- Saved data entries -
┌────────
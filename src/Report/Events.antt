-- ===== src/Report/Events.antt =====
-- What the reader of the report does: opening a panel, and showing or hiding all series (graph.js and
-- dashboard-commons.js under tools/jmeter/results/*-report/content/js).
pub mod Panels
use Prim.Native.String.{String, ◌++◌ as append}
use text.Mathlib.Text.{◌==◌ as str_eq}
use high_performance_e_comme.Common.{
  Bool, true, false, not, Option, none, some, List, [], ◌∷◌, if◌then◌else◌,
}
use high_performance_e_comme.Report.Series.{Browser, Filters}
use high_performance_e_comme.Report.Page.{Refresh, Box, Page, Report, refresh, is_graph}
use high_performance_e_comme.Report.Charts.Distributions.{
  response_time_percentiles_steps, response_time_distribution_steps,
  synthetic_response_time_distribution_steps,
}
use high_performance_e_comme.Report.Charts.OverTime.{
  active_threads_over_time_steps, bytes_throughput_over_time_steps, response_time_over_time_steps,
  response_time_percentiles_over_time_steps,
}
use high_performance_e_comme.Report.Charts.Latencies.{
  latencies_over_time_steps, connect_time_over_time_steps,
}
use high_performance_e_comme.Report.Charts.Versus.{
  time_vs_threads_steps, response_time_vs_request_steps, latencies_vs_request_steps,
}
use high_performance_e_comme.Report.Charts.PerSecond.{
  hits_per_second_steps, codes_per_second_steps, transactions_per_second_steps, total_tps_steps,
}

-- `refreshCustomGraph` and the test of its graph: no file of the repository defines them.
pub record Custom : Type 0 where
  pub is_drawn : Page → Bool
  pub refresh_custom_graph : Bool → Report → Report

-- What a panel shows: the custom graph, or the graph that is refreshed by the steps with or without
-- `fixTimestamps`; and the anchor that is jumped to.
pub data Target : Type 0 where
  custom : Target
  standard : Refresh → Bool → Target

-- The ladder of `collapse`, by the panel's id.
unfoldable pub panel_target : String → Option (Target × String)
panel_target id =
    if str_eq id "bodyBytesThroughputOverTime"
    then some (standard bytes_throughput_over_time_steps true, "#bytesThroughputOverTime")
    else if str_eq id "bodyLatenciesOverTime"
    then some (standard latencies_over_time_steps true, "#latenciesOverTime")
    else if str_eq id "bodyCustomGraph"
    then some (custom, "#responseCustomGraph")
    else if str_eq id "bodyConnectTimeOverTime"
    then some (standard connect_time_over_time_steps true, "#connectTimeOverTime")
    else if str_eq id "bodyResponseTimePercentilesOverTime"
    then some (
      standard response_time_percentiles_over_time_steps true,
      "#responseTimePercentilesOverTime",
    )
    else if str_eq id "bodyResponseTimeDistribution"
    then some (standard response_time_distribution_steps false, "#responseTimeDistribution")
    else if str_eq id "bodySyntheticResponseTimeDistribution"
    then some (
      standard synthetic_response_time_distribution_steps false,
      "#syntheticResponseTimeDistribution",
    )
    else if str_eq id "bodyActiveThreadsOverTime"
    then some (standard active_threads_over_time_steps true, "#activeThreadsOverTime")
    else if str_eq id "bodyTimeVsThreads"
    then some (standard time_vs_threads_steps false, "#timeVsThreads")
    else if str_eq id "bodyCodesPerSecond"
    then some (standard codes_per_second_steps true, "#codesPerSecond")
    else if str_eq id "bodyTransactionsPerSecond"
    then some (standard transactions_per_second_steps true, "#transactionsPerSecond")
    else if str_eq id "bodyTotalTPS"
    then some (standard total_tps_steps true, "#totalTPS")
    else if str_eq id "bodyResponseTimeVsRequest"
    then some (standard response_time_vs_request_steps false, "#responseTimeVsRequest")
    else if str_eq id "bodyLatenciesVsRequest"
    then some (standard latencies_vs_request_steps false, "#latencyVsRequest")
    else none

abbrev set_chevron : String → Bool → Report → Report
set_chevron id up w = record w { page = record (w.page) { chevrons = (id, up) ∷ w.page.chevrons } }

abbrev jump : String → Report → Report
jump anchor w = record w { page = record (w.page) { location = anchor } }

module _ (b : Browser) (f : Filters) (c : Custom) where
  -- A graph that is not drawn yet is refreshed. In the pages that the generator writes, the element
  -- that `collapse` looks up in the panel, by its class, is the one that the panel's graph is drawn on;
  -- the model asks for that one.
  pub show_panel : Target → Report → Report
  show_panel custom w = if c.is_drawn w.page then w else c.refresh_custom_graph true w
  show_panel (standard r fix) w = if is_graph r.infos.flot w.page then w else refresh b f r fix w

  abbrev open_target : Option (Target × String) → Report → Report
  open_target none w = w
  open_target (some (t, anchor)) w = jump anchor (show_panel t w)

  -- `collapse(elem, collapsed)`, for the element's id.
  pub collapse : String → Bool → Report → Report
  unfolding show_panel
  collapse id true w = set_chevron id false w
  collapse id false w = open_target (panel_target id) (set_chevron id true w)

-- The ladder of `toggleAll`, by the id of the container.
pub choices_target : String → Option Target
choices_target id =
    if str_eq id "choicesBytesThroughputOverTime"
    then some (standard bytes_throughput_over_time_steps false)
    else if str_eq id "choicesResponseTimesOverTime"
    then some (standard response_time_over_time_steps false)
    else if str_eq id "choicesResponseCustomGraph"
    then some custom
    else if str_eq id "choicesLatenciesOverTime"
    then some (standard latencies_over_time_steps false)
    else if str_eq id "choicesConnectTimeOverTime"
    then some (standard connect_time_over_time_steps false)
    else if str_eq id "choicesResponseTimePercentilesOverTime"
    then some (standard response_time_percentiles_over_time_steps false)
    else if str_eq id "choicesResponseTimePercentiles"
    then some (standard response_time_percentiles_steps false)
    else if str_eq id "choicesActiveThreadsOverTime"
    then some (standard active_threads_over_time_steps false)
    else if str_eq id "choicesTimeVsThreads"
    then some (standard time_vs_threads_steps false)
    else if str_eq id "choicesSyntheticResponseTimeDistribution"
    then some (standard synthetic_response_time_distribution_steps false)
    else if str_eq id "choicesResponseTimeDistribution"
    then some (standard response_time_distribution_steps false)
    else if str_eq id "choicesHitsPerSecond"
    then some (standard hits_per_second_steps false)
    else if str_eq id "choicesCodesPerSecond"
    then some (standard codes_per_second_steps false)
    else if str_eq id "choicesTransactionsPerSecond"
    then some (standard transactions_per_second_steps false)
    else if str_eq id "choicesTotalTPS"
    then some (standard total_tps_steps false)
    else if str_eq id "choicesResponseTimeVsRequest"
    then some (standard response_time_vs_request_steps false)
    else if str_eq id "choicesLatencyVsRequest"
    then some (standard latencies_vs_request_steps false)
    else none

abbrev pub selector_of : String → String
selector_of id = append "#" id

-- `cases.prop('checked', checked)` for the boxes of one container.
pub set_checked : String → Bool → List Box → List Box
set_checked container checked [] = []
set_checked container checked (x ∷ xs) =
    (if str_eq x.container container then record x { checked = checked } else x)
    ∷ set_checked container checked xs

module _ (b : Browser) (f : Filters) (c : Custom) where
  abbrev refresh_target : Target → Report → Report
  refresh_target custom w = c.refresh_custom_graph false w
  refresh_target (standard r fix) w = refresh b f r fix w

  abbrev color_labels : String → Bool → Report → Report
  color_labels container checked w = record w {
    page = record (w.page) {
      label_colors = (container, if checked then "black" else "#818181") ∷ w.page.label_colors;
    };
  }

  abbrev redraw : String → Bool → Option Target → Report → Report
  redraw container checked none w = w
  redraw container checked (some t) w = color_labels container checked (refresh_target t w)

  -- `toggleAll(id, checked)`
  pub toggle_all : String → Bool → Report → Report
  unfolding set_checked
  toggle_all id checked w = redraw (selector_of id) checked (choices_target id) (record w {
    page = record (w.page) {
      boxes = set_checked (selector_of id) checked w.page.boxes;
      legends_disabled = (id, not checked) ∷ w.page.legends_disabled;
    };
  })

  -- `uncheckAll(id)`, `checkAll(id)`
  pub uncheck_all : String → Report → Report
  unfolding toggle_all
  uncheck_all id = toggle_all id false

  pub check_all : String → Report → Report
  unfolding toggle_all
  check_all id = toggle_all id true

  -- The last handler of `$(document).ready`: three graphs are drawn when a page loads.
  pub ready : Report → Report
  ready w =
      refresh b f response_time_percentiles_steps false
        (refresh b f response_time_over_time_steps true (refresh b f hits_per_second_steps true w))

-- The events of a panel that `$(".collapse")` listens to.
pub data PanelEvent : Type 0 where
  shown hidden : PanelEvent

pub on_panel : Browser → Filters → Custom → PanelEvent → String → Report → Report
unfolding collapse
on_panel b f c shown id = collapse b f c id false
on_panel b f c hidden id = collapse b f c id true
└────────
┌────────
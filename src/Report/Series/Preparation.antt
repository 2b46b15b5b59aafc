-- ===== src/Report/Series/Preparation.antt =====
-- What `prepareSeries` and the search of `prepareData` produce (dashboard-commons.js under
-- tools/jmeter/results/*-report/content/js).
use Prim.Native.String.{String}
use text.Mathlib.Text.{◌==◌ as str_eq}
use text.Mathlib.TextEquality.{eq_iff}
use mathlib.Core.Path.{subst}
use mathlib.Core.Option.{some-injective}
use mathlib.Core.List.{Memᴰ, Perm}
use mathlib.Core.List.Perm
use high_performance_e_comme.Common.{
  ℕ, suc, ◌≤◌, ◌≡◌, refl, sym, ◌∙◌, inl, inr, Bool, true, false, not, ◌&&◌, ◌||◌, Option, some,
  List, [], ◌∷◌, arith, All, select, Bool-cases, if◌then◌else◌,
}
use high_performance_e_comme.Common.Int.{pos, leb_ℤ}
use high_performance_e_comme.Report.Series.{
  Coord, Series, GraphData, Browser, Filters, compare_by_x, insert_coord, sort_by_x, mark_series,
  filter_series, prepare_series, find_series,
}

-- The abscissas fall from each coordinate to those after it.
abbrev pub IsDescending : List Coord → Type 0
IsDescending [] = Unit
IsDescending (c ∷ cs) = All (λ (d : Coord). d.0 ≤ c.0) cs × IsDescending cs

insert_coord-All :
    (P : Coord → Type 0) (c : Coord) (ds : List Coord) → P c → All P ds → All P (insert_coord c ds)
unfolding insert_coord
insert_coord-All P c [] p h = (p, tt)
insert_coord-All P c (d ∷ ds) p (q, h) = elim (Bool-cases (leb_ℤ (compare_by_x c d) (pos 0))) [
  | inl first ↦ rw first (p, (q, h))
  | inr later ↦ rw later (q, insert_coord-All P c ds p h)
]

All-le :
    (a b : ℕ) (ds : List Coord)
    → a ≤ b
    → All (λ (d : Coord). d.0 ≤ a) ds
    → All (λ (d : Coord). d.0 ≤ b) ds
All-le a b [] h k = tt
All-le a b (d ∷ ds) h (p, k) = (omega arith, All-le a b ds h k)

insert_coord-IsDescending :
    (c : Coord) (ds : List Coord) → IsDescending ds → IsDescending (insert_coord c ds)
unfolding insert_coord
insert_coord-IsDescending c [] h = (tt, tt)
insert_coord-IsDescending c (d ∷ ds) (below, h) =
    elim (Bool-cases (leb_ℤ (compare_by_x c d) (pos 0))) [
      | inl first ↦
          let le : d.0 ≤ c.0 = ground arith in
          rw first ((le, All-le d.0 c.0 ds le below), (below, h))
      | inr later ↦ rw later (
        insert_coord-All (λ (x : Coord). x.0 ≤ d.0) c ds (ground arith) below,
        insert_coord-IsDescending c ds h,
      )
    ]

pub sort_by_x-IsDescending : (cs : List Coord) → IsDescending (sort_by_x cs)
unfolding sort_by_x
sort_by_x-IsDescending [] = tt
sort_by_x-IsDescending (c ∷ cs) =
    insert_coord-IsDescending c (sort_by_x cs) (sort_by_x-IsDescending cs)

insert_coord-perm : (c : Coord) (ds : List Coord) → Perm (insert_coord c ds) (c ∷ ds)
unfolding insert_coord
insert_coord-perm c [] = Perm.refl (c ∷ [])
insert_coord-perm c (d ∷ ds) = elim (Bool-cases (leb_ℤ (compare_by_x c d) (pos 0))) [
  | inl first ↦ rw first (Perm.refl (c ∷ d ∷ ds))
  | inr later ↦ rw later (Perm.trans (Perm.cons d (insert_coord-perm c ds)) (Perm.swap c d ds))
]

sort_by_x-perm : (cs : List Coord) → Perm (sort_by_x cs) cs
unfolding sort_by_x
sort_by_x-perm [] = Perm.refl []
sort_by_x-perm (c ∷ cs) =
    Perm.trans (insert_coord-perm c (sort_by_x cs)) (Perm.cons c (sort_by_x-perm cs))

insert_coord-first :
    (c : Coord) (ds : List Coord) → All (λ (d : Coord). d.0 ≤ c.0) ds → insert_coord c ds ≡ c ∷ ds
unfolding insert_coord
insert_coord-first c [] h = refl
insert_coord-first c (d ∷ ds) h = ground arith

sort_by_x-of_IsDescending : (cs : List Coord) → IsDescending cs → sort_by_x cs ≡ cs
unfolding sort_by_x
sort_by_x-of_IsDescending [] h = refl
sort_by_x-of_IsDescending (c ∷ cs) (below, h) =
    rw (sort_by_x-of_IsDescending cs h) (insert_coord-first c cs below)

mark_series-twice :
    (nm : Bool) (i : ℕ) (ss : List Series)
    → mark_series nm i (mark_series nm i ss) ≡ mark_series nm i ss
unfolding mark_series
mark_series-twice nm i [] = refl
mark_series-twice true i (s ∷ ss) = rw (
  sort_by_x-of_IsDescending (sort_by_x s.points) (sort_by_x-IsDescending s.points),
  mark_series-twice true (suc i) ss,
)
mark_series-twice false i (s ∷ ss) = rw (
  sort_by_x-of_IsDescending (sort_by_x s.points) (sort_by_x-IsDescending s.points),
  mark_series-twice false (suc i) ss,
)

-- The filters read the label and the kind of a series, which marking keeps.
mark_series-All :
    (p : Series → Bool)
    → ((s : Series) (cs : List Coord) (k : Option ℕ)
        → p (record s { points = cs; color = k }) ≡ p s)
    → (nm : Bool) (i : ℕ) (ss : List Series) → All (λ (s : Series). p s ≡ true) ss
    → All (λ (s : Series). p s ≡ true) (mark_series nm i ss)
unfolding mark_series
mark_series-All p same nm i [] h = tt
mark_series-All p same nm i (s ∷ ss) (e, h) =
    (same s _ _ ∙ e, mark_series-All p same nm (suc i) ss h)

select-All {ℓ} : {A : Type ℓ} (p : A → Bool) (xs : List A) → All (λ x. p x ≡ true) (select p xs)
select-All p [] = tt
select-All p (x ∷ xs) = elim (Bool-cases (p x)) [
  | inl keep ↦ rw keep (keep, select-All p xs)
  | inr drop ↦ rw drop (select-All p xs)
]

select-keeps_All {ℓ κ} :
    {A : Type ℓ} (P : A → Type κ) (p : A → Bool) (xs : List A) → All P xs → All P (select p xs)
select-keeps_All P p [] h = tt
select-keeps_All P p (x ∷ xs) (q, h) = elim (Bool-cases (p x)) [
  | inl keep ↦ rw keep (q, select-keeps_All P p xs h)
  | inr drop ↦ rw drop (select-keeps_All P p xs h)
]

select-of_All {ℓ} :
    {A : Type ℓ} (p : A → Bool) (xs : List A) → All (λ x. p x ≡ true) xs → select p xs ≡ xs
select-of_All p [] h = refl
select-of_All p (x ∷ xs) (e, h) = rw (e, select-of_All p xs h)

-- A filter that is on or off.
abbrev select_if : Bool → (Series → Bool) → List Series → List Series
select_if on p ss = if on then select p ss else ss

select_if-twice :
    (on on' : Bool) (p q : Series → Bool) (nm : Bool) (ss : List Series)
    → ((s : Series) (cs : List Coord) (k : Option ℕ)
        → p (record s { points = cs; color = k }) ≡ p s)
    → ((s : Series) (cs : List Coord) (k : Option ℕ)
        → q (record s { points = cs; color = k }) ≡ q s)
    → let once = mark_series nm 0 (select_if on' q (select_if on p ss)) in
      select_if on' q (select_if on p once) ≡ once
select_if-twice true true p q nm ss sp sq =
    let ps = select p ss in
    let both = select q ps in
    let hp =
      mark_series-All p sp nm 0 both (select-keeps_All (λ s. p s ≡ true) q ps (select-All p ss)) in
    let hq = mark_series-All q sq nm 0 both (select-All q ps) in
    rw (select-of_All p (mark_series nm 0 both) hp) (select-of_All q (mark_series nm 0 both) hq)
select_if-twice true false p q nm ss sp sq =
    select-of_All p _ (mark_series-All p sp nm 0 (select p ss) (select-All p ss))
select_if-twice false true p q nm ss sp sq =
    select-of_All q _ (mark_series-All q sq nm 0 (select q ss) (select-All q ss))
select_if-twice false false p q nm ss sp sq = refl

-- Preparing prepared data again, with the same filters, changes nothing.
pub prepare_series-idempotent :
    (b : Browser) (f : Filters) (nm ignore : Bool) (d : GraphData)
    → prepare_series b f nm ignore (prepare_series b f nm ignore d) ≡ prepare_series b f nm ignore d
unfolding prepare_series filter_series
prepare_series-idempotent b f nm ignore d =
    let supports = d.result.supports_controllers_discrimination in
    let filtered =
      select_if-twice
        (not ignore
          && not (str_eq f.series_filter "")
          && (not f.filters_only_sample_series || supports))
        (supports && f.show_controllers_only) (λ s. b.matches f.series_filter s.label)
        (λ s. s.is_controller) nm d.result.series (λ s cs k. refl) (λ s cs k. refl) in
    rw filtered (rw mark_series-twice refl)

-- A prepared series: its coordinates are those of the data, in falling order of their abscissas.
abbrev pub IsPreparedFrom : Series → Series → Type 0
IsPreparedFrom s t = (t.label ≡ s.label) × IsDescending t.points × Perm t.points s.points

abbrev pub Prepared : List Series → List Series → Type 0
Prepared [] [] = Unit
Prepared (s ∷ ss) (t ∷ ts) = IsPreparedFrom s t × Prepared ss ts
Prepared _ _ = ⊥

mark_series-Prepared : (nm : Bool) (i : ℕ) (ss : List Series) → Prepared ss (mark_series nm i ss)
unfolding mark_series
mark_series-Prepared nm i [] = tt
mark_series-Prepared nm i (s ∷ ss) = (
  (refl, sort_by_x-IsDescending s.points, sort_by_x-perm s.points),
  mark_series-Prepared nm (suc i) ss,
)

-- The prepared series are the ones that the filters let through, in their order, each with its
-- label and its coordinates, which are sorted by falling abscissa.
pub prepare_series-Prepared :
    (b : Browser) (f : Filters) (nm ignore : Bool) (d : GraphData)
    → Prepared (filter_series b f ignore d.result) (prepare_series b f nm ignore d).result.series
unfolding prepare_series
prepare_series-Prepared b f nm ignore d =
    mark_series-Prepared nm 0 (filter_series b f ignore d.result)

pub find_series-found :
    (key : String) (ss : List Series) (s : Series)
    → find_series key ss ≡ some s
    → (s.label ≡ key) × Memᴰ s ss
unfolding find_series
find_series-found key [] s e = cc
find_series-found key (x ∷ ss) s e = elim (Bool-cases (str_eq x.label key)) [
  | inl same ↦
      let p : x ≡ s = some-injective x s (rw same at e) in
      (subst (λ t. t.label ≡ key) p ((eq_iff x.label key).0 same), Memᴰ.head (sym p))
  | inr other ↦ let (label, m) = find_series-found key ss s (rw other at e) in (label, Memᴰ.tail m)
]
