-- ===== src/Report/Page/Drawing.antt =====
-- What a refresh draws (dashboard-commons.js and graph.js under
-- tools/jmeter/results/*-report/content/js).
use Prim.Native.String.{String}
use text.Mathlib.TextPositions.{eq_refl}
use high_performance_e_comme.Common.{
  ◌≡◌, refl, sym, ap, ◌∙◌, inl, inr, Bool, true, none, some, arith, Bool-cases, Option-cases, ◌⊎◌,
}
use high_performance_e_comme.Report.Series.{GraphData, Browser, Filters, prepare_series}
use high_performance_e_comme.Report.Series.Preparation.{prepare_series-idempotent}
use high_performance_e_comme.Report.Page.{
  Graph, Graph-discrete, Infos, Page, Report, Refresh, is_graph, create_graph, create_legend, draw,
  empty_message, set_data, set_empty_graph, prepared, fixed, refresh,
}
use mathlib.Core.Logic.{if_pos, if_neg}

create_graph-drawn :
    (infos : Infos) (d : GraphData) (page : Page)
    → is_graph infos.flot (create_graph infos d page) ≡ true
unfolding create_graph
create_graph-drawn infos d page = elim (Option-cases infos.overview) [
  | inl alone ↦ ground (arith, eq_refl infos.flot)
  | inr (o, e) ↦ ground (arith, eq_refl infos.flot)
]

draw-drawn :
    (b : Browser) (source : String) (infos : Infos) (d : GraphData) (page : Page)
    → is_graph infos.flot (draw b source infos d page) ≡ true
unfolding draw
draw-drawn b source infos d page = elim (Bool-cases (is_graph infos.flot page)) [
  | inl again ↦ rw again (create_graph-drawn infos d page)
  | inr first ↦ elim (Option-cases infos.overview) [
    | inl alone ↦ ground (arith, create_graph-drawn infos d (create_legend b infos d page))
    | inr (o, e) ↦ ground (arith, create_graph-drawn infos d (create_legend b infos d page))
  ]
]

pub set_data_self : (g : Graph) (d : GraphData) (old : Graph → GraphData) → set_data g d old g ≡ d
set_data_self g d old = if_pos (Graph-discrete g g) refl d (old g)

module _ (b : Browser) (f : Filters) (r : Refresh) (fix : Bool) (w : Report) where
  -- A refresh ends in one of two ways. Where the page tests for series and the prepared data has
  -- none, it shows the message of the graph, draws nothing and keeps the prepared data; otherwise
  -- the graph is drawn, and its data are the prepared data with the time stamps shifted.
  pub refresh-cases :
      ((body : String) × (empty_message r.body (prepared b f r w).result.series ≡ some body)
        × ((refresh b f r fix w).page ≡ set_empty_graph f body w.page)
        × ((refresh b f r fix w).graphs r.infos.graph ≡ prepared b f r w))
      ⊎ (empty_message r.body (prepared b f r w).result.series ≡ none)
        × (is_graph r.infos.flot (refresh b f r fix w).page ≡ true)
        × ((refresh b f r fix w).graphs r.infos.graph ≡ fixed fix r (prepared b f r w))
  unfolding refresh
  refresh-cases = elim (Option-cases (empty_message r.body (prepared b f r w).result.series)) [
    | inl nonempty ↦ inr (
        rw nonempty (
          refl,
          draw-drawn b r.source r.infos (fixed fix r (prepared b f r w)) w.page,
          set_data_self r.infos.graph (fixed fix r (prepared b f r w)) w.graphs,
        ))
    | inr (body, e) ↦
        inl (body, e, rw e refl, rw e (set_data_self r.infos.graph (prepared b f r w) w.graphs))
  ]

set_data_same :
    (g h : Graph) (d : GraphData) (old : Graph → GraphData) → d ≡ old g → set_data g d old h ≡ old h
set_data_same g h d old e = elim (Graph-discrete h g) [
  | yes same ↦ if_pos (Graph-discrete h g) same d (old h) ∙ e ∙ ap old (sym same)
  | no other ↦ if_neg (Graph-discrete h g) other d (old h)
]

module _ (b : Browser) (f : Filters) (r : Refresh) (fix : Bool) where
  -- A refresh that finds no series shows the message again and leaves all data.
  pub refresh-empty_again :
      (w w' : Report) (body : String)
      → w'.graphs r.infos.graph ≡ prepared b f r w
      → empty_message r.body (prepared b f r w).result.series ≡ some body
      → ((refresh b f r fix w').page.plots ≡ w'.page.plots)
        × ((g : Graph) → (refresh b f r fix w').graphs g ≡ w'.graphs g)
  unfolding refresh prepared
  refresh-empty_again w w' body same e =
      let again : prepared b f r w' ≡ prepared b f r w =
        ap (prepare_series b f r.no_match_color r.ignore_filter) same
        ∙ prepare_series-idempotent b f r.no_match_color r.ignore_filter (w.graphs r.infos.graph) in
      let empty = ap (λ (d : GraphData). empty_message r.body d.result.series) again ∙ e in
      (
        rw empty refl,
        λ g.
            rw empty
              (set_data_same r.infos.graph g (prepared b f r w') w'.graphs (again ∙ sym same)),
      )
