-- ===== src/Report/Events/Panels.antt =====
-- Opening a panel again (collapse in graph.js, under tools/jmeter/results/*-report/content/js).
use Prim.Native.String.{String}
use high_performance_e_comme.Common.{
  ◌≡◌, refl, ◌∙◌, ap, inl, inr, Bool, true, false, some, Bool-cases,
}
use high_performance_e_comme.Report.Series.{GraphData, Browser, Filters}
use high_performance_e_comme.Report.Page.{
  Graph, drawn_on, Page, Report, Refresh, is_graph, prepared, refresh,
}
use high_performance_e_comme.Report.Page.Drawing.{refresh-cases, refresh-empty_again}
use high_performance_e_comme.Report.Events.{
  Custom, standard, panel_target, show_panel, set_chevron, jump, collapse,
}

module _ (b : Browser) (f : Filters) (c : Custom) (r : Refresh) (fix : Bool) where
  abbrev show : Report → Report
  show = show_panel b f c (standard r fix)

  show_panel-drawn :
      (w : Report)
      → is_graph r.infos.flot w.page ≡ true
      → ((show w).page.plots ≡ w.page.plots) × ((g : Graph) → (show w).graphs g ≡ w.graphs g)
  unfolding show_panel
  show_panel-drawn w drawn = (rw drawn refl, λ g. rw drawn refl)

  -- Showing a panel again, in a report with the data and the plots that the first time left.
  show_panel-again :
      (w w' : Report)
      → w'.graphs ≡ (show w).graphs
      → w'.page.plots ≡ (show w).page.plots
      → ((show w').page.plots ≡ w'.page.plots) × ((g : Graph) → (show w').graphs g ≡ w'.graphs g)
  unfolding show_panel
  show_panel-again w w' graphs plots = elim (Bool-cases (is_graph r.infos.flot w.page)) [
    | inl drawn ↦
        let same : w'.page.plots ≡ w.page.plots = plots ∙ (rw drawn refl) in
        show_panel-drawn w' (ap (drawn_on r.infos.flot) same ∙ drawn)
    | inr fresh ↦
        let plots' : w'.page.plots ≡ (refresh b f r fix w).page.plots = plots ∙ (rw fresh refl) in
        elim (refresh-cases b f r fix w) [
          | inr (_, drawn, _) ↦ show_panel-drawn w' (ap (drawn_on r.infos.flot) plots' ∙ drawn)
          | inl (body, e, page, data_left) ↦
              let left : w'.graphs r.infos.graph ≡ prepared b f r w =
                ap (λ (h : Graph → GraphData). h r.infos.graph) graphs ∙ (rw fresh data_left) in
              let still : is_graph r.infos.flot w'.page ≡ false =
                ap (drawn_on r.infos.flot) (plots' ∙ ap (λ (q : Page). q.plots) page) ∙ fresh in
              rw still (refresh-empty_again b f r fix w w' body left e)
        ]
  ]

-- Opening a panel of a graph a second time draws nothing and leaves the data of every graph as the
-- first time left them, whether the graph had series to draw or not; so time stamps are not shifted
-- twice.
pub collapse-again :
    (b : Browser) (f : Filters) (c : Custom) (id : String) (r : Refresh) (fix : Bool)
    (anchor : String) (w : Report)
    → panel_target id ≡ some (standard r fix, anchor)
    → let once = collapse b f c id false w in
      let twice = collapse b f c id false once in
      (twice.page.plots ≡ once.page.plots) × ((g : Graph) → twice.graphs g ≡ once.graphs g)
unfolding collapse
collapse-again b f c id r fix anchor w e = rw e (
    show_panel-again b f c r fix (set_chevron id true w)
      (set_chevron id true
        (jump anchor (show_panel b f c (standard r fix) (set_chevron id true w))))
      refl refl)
└────────
- Exercise details -
The expected answer is a copy of every line in the entries that holds the word "supports".

- Result of the exercise -
    let supports = d.result.supports_controllers_discrimination in
          && (not f.filters_only_sample_series || supports))
        (supports && f.show_controllers_only) (λ s. b.matches f.series_filter s.label)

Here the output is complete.